(TASK INPUT)

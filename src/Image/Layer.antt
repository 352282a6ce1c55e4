-- ===== src/Image/Layer.antt =====
-- pkg/image/layer.go and layer_metadata.go: the files of a layer enter its tree and the catalog of the image.
-- The sums of sizes stay far below 2^63 and are not cut off. Progress and logs are left out.
pub mod Catalogued
pub mod Reads
use stereoscope.Builder
use stereoscope.Errors.{
  Failure, Result, ok, err, Act, after, ◌>>=◌, panics, no_cache_directory, unknown_media_type,
}
use stereoscope.File.LazyReader.{LazyReader}
use stereoscope.File.Metadata.{Header, Metadata, new_metadata}
use stereoscope.File.Refs.{Reference}
use stereoscope.File.Tar.{TarStep, TarIndex, TarIndexEntry, open_entry, new_tar_index}
use stereoscope.FileTree.Edit.{Files, new_file_tree}
use stereoscope.FileTree.Nodes.{FileNode}
use stereoscope.Go.Maps.{GoMap, get, put, elem}
use stereoscope.Go.Paths.{clean, join_path}
use stereoscope.Image.Catalog.{FileCatalog, Opener, tar_entry, squashfs_path, add_image_references}
use stereoscope.Tree.{Tree}
use stereoscope.Prelude.{
  ℕ, zero, suc, ◌+◌, List, [], ◌∷◌, ◌++◌, Option, none, some, Bool, true, false, Str, codes, str_eq,
  byte_string_eq, if◌then◌else◌,
}

-- `LayerMetadata`
pub record LayerMetadata : Type 0 where
  pub index : ℕ
  pub digest : Str
  pub media_type : Str
  pub size : ℕ

-- A `v1.Layer` of go-containerregistry: its media type, and its contents. Those of an archive are what could be
-- read of it, with the error of the read; those of a squashfs are its walk, with the metadata and the size of
-- each path.
pub record SourceLayer : Type 0 where
  pub media_type : Result Str
  pub uncompressed : Result (List TarStep × Option Failure)
  pub squashfs_walk : Result (List (Str × Result (Metadata × ℕ)))

-- The layer's tree and catalog while they are filled.
pub record Reading : Type 0 where
  pub files : Files
  pub catalog : FileCatalog
  pub size : ℕ

-- What both visitors do with the metadata of a file.
unfoldable pub add_file_of_layer : ℕ → Metadata → ℕ → Opener → Act Reading (Unit {0})
unfolding add_image_references
add_file_of_layer layer m size opener s =
    let (r, b) = Builder.add m (record { files = s.files; index = s.catalog.index }) in
    let s1 = record s { files = b.files; catalog = record s.catalog { index = b.index } } in
    elim r [
      | err e ↦ (err e, s1)
      | ok ref ↦ (
        ok tt,
        record s1 {
          catalog = add_image_references ref.id layer (some opener) s1.catalog;
          size = s1.size + size;
        },
      )
    ]

-- `layerTarIndexer`; `mime_of` is `MIMEType` of what a reader gives.
unfoldable pub layer_tar_indexer : (LazyReader → Str) → ℕ → TarIndexEntry → Act Reading (Unit {0})
unfolding add_file_of_layer
layer_tar_indexer mime_of layer e =
    add_file_of_layer layer (new_metadata e.header (mime_of (open_entry e))) e.size (tar_entry e)

-- The path that `NewMetadataFromSquashFSFile` of pkg/file/metadata.go gives a file.
unfoldable pub squashfs_metadata : Str → Metadata → Metadata
unfolding clean join_path
squashfs_metadata path m = record m { path = clean (join_path (codes "/") path) }

-- `squashfsVisitor`, over the paths of a walk
unfoldable pub walk_squashfs : ℕ → List (Str × Result (Metadata × ℕ)) → Act Reading (Unit {0})
unfolding add_file_of_layer squashfs_metadata
walk_squashfs layer [] s = (ok tt, s)
walk_squashfs layer ((path, err e) ∷ rest) s = (err e, s)
walk_squashfs layer ((path, ok (m, size)) ∷ rest) s =
    after (add_file_of_layer layer (squashfs_metadata path m) size (squashfs_path path) s)
      (λ _. walk_squashfs layer rest)

nth : ℕ → List Str → Option Str
nth n [] = none
nth zero (x ∷ xs) = some x
nth (suc n) (x ∷ xs) = nth n xs

-- `newLayerMetadata`: too few digests are a panic.
unfoldable pub new_layer_metadata : List Str → SourceLayer → ℕ → Result LayerMetadata
unfolding nth
new_layer_metadata diff_ids layer idx = layer.media_type >>= λ media_type. elim (nth idx diff_ids) [
  | none ↦ err panics
  | some digest ↦ ok (record { index = idx; digest = digest; media_type = media_type; size = 0 })
]

-- The directory of the layers' archives, by their paths.
abbrev pub LayerCache : Type 0
LayerCache = GoMap Str (List TarStep)

-- The end of `uncompressedTarCache`: the file is there also if its copy fails.
unfoldable pub fill_cache :
    Str → Result (List TarStep × Option Failure) → Act LayerCache (List TarStep)
fill_cache path (err e) cache = (err e, cache)
fill_cache path (ok (steps, some e)) cache = (err e, put path steps cache)
fill_cache path (ok (steps, none)) cache = (ok steps, put path steps cache)

abbrev pub tar_path_of : Str → Str → Str
tar_path_of dir digest = join_path dir (digest ++ codes ".tar")

-- `uncompressedTarCache`, with the archive at the path that it returns
unfoldable pub uncompressed_tar_cache : Str → Str → SourceLayer → Act LayerCache (List TarStep)
unfolding fill_cache join_path get
uncompressed_tar_cache dir digest layer cache =
    if str_eq dir []
    then (err no_cache_directory, cache)
    else elim (get (tar_path_of dir digest) cache) [
      | some steps ↦ (ok steps, cache)
      | none ↦ fill_cache (tar_path_of dir digest) layer.uncompressed cache
    ]

-- `Layer`; the trees are nil until they are read and squashed.
pub record Layer : Type 0 where
  pub metadata : LayerMetadata
  pub tree : Tree FileNode
  pub squashed_tree : Option (Tree FileNode)

-- What the layers of an image share: the counter of file IDs, the catalog and the cache.
pub record Shared : Type 0 where
  pub next_id : ℕ
  pub catalog : FileCatalog
  pub cache : LayerCache

abbrev pub singularity_squashfs_layer : Str
singularity_squashfs_layer = codes "application/vnd.sylabs.sif.layer.v1.squashfs"

-- The layer after its files were read, and what the image keeps of that also if it failed.
unfoldable pub layer_read :
    LayerMetadata → LayerCache → Result (Unit {0}) × Reading → Result Layer × Shared
layer_read m cache (r, s) = (
  r >>= λ _.
      ok (record {
        metadata = record m { size = s.size };
        tree = s.files.tree;
        squashed_tree = none;
      }),
  record { next_id = s.files.next_id; catalog = s.catalog; cache = cache },
)

-- The layer's tree is new, and its size is counted from 0.
unfoldable pub start_reading : Shared → Reading
start_reading s = record {
  files = record { tree = new_file_tree; next_id = s.next_id };
  catalog = s.catalog;
  size = 0;
}

-- `mime_of` is `MIMEType`; `tar_types` are the media types of archives in go-containerregistry.
module _ (mime_of : LazyReader → Str) (tar_types : List Str) where
  -- The archive of a layer is read, once it is in the cache.
  unfoldable pub index_archive :
      Str → LayerMetadata → Shared → Result (List TarStep) × LayerCache → Result Layer × Shared
  unfolding layer_tar_indexer new_tar_index layer_read start_reading
  index_archive dir m s (err e, cache) = (err e, record s { cache = cache })
  index_archive dir m s (ok steps, cache) =
      let (done, filled) =
        new_tar_index (tar_path_of dir m.digest) (layer_tar_indexer mime_of m.index) steps
          (start_reading s) in
      layer_read m cache (done, filled.1)

  -- The branch of `Read` for archives.
  unfoldable pub read_archive : Str → LayerMetadata → SourceLayer → Act Shared Layer
  unfolding uncompressed_tar_cache index_archive
  read_archive dir m layer s =
      index_archive dir m s (uncompressed_tar_cache dir m.digest layer s.cache)

  -- The branch of `Read` for a squashfs.
  unfoldable pub read_squashfs : LayerMetadata → SourceLayer → Act Shared Layer
  unfolding walk_squashfs layer_read start_reading
  read_squashfs m layer s = elim layer.squashfs_walk [
    | err e ↦ (err e, s)
    | ok walk ↦ layer_read m s.cache (walk_squashfs m.index walk (start_reading s))
  ]

  -- `Read`
  unfoldable pub read_layer : List Str → Str → SourceLayer → ℕ → Act Shared Layer
  unfolding new_layer_metadata read_archive read_squashfs elem
  read_layer diff_ids dir layer idx s = elim (new_layer_metadata diff_ids layer idx) [
    | err e ↦ (err e, s)
    | ok m ↦
        if elem m.media_type tar_types
        then read_archive dir m layer s
        else if str_eq m.media_type singularity_squashfs_layer
        then read_squashfs m layer s
        else (err (unknown_media_type m.media_type), s)
  ]
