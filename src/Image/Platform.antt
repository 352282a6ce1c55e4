-- ===== src/Image/Platform.antt =====
-- pkg/image/platform.go: the specifiers of platforms. `goos` is the operating system of the running program.
pub mod Normal
pub mod Parts
pub mod RoundTrip
use stereoscope.Errors.{Result, ok, err, ◌>>=◌, invalid_argument}
use stereoscope.Go.Maps.{elem}
use stereoscope.Go.Strings.{slash, split, join, contains}
use stereoscope.Prelude.{
  ℕ, ◌+◌, List, [], ◌∷◌, ◌++◌, map, Option, none, some, Bool, true, false, not, ◌&&◌, ◌||◌, Str,
  str_eq, codes, byte_string_eq, ◌==◌, leb, if◌then◌else◌,
}

-- `Platform`
pub record Platform : Type 0 where
  pub architecture : Str
  pub os : Str
  pub variant : Str

-- `strings.ToLower`, on ASCII
unfoldable pub lower_byte : ℕ → ℕ
lower_byte c = if leb b'A' c && leb c b'Z' then c + 32 else c

unfoldable pub to_lower : Str → Str
unfolding lower_byte
to_lower [] = []
to_lower (c ∷ s) = lower_byte c ∷ to_lower s

-- The class of `specifierRe`.
unfoldable pub specifier_byte : ℕ → Bool
specifier_byte c =
    leb b'A' c && leb c b'Z'
    || leb b'a' c && leb c b'z'
    || leb b'0' c && leb c b'9'
    || c == b'_'
    || c == b'-'

unfoldable pub all_bytes : (ℕ → Bool) → Str → Bool
all_bytes p [] = true
all_bytes p (c ∷ s) = p c && all_bytes p s

-- `specifierRe.MatchString`
unfoldable pub matches_specifier : Str → Bool
unfolding all_bytes specifier_byte
matches_specifier [] = false
matches_specifier (c ∷ s) = all_bytes specifier_byte (c ∷ s)

abbrev pub known_systems : List Str
known_systems = map codes (
    "aix" ∷ "android" ∷ "darwin" ∷ "dragonfly" ∷ "freebsd" ∷ "hurd" ∷ "illumos" ∷ "js" ∷ "linux"
    ∷ "nacl" ∷ "netbsd" ∷ "openbsd" ∷ "plan9" ∷ "solaris" ∷ "windows" ∷ "zos" ∷ [])

-- `isKnownOS`
unfoldable pub is_known_os : Str → Bool
unfolding elem
is_known_os os = elem os known_systems

abbrev pub known_architectures : List Str
known_architectures = map codes (
    "386" ∷ "amd64" ∷ "amd64p32" ∷ "arm" ∷ "armbe" ∷ "arm64" ∷ "arm64be" ∷ "ppc64" ∷ "ppc64le"
    ∷ "mips" ∷ "mipsle" ∷ "mips64" ∷ "mips64le" ∷ "mips64p32" ∷ "mips64p32le" ∷ "ppc" ∷ "riscv"
    ∷ "riscv64" ∷ "s390" ∷ "s390x" ∷ "sparc" ∷ "sparc64" ∷ "wasm" ∷ [])

-- `isKnownArch`
unfoldable pub is_known_arch : Str → Bool
unfolding elem
is_known_arch arch = elem arch known_architectures

-- The variant of `arm64`.
unfoldable pub arm64_variant : Str → Str
arm64_variant v = if str_eq v (codes "8") || str_eq v (codes "v8") then [] else v

-- The variant of `arm`.
unfoldable pub arm_variant : Str → Str
arm_variant v =
    if str_eq v [] || str_eq v (codes "7")
    then codes "v7"
    else if str_eq v (codes "5") || str_eq v (codes "6") || str_eq v (codes "8")
    then b'v' ∷ v
    else v

-- `normalizeArch`, after the change to lower case
unfoldable pub normalize_lower : Str → Str → Str × Str
unfolding arm64_variant arm_variant
normalize_lower arch variant =
    if str_eq arch (codes "i386")
    then (codes "386", [])
    else if str_eq arch (codes "x86_64") || str_eq arch (codes "x86-64")
    then (codes "amd64", [])
    else if str_eq arch (codes "aarch64") || str_eq arch (codes "arm64")
    then (codes "arm64", arm64_variant variant)
    else if str_eq arch (codes "armhf")
    then (codes "arm", codes "v7")
    else if str_eq arch (codes "armel")
    then (codes "arm", codes "v6")
    else if str_eq arch (codes "arm")
    then (arch, arm_variant variant)
    else (arch, variant)

-- `normalizeArch`
unfoldable pub normalize_arch : Str → Str → Str × Str
unfolding to_lower normalize_lower
normalize_arch arch variant = normalize_lower (to_lower arch) (to_lower variant)

-- A platform of a known architecture, and else the error.
unfoldable pub with_arch : Str → Str → Str × Str → Result Platform
with_arch specifier os (arch, variant) =
    if is_known_arch arch
    then ok (record { architecture = arch; os = os; variant = variant })
    else err (invalid_argument specifier)

-- `String`
unfoldable pub to_string : Option Platform → Str
to_string none = []
to_string (some p) =
    join
      ((if not (str_eq p.os []) then p.os ∷ [] else [])
        ++ ((if not (str_eq p.architecture []) then p.architecture ∷ [] else [])
            ++ (if not (str_eq p.variant []) then p.variant ∷ [] else [])))
      slash

unfoldable pub all_match : List Str → Bool
all_match [] = true
all_match (p ∷ ps) = matches_specifier p && all_match ps

module _ (goos : Str) where
  -- `normalizeOS`
  unfoldable pub normalize_os : Str → Str
  unfolding to_lower
  normalize_os os =
      if str_eq os []
      then goos
      else if str_eq (to_lower os) (codes "macos")
      then codes "darwin"
      else to_lower os

  -- The cases of `parse` by the number of parts.
  unfoldable pub parse_parts : Str → List Str → Result Platform
  unfolding normalize_os normalize_arch with_arch is_known_os
  parse_parts specifier (a ∷ []) =
      if is_known_os (normalize_os a)
      then ok (record { architecture = []; os = normalize_os a; variant = [] })
      else with_arch specifier [] (normalize_arch a [])
  parse_parts specifier (a ∷ b ∷ []) =
      if is_known_os (normalize_os a)
      then with_arch specifier (normalize_os a) (normalize_arch b [])
      else with_arch specifier [] (normalize_arch a b)
  parse_parts specifier (a ∷ b ∷ c ∷ []) =
      with_arch specifier (if is_known_os (normalize_os a) then normalize_os a else [])
        (normalize_arch b c)
  parse_parts specifier _ = err (invalid_argument specifier)

  -- `parse`
  unfoldable pub parse : Str → Result Platform
  unfolding parse_parts all_match matches_specifier contains split
  parse specifier =
      if contains specifier (codes "*")
      then err (invalid_argument specifier)
      else if not (all_match (split specifier slash))
      then err (invalid_argument specifier)
      else parse_parts specifier (split specifier slash)

  -- `NewPlatform`
  unfoldable pub new_platform : Str → Result Platform
  unfolding parse
  new_platform specifier =
      parse specifier >>= λ p. ok (if str_eq p.os [] then record p { os = codes "linux" } else p)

(WHAT TO DO)
From the material above, set down exactly the lines starting at the one with "module _ (mime_of" and ending at the one with "for a squashfs.", end lines included.

(EXERCISE OUTPUT)
module _ (mime_of : LazyReader → Str) (tar_types : List Str) where
  -- The archive of a layer is read, once it is in the cache.
  unfoldable pub index_archive :
      Str → LayerMetadata → Shared → Result (List TarStep) × LayerCache → Result Layer × Shared
  unfolding layer_tar_indexer new_tar_index layer_read start_reading
  index_archive dir m s (err e, cache) = (err e, record s { cache = cache })
  index_archive dir m s (ok steps, cache) =
      let (done, filled) =
        new_tar_index (tar_path_of dir m.digest) (layer_tar_indexer mime_of m.index) steps
          (start_reading s) in
      layer_read m cache (done, filled.1)

  -- The branch of `Read` for archives.
  unfoldable pub read_archive : Str → LayerMetadata → SourceLayer → Act Shared Layer
  unfolding uncompressed_tar_cache index_archive
  read_archive dir m layer s =
      index_archive dir m s (uncompressed_tar_cache dir m.digest layer s.cache)

  -- The branch of `Read` for a squashfs.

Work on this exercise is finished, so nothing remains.